Jewish law, in its infinite wisdom, offers a simple answer to this question: until the debt is paid.
That may sound harsh. It may also evoke St. Paul’s harsh judgment about Judaism being the religion of law while Christianity was the religion of love. In Matthew, after all, we get a choice parable about debt: A servant goes before his master, owing 10,000 bags of gold. He is unable to pay, and so the master orders that all of the servant’s property, including his wife and children, be taken away from him. The servant begs for mercy; “Be patient with me,” he pleads, “and I will pay back everything.” The master takes pity on the servant, forgives his debt, and lets him go. Jubilant, the servant walks outside and meets another servant who owes him a hundred silver coins. He grabs his debtor, chokes him, and demands the money. “Be patient with me,” says the other servant, “and I will pay back everything.” But the first servant refuses; instead, he has his debtor thrown in prison until he can pay back the silver. Word of this travels back to the master, who is so livid at the first servant’s inability to show his fellow man the same quality of mercy he himself had enjoyed that he has him jailed and tortured. “This,” Jesus concludes by saying, “is how my heavenly Father will treat each of you unless you forgive your brother or sister from your heart.”
It’s a moving story, but it solves very few problems. We humans are not divine, and our interactions are rarely guided solely by spiritual edicts. We’re a transactional species; what we need is not a parable but contract law. This realization haunted Christianity throughout much of its early years as an ascendant religion. Read Peter Brown’s majestic Through the Eye of a Needle: Wealth, the Fall of Rome, and the Making of Christianity in the West, 350-550 A.D., and you’ll get a fine portrayal of how a Roman economy based on a model of civic obligation was gradually replaced by a “new emphasis on the supernatural efficacy of the Christian gift.” Charity, debt, wealth—all were governed by a set of theological entanglements that sanctified poverty even as the church grew richer and more powerful. All the while, it tried to negotiate the practical meaning of Jesus’ insistence that the affluent had little reason to expect any part of the kingdom of heaven.
Judaism, on the other hand, delivered a more earthly account. While advocating the forgiveness of debt every seven years as a measure against destitution, it nonetheless realized the need to approach economic questions in all their thorniness, stacking the Talmud with numerous in-depth discussions about loans, interest rates, and other practicalities. But the essence of the religion’s approach to these matters was best captured, as is so often the case, by Maimonides, who famously offered up a hierarchy of eight levels of charity. At its bottom was begrudged giving; at its top, supporting a fellow Jew by empowering him to grow resilient and self-sufficient.
This, then, is Judaism’s radical difference: Rather than advocate unequivocal forgiveness and channel all transactions through a central institution, i.e., the church, it opted to remain committed to the uneasy exchanges between people, which meant offering measures of mercy but ultimately insisting that words be kept and obligations met.
The same wisdom applies not only to nomadic tribes erring through the wilderness millennia ago, but also to deadbeat nations struggling to keep up with their obligations today.
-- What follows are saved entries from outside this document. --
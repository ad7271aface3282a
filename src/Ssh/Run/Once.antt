-- ===== src/Ssh/Run/Once.antt =====
-- internal/sshrun/runner.go, `Run` and `Stream`: the output and the error of a result belong together.
use khealth_tui.Base.{ℕ, ◌≡◌, ◌≢◌, ◌⊎◌, ◌++◌, Option, true, [], ◌∷◌, none, some}
use khealth_tui.Text.{Text, lit, contains, to_lower, concat}
use khealth_tui.Strutil.{first_line}
use khealth_tui.Ssh.{Method}
use khealth_tui.Ssh.Env
use khealth_tui.Ssh.Env.{Env, Conf, Output, Ended}
use khealth_tui.Ssh.Become.{command, method_text}
use khealth_tui.Ssh.Run.{Result, input}

-- The error that asks for a new probe of the escalation.
abbrev refusal : Method → Text → Text
refusal m printed =
    concat
      (method_text m ∷ lit ": " ∷ first_line printed ∷ lit " (escalation will be re-probed)" ∷ [])

module _ (env : Env) (cfg : Conf) where
  open env use {World, run_session, slot}

  -- What `wait` says of the end of a session, by that end alone.
  abbrev pub told : Ended → Option Text
  told (Env.done e) = e
  told (Env.killed e) = some e
  told (Env.dead e) =
      some (e ++ lit ": the SSH connection stopped answering (host down or rebooting?)")

  -- The error that a session with this output gives: that of its end, or, when a tool has asked for a
  -- password, the first line that the tool printed to its stderr.
  abbrev pub Explains : Method → Output → Option Text → Type 0
  Explains m o e =
      (e ≡ told o.ended)
      ⊎ ((told o.ended ≢ none)
          × (m.tool ≢ [])
          × (contains (to_lower o.stderr) (lit "password") ≡ true)
          × (e ≡ some (refusal m o.stderr)))

  -- Either the script has not run, which is an error, and nothing was printed; or one session has got
  -- it whole, its output stands behind `out`, its end or its stderr gives the error, and without an
  -- error it has ended by itself and well.
  abbrev pub Attempt : Text → Text → Result → Type 0
  Attempt script out res =
      ((res.stdout ≡ out) × (res.stderr ≡ []) × (res.err ≢ none))
      ⊎ ((w : World) × (c : ℕ) × (m : Method) × (res.stdout
            ≡ out ++ (run_session w c (command m).0 (input env cfg m script)).0.stdout)
          × (res.stderr ≡ (run_session w c (command m).0 (input env cfg m script)).0.stderr)
          × Explains m (run_session w c (command m).0 (input env cfg m script)).0 res.err
          × (res.err ≡ none
              → (run_session w c (command m).0 (input env cfg m script)).0.ended ≡ Env.done none))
We’ve already seen that nothing terrible happened when American courts stood up and defended bondholders’ rights to get their just dues. Let us now also disabuse ourselves of the notion that there’s something inherently moral about waving our hands and canceling mounds of debt. Instead, we should rejoice in the knowledge that we’re protected by a system that still believes, as a recent Wall Street Journal editorial put it, in “the assurance that the law is the law and a deal is a deal.”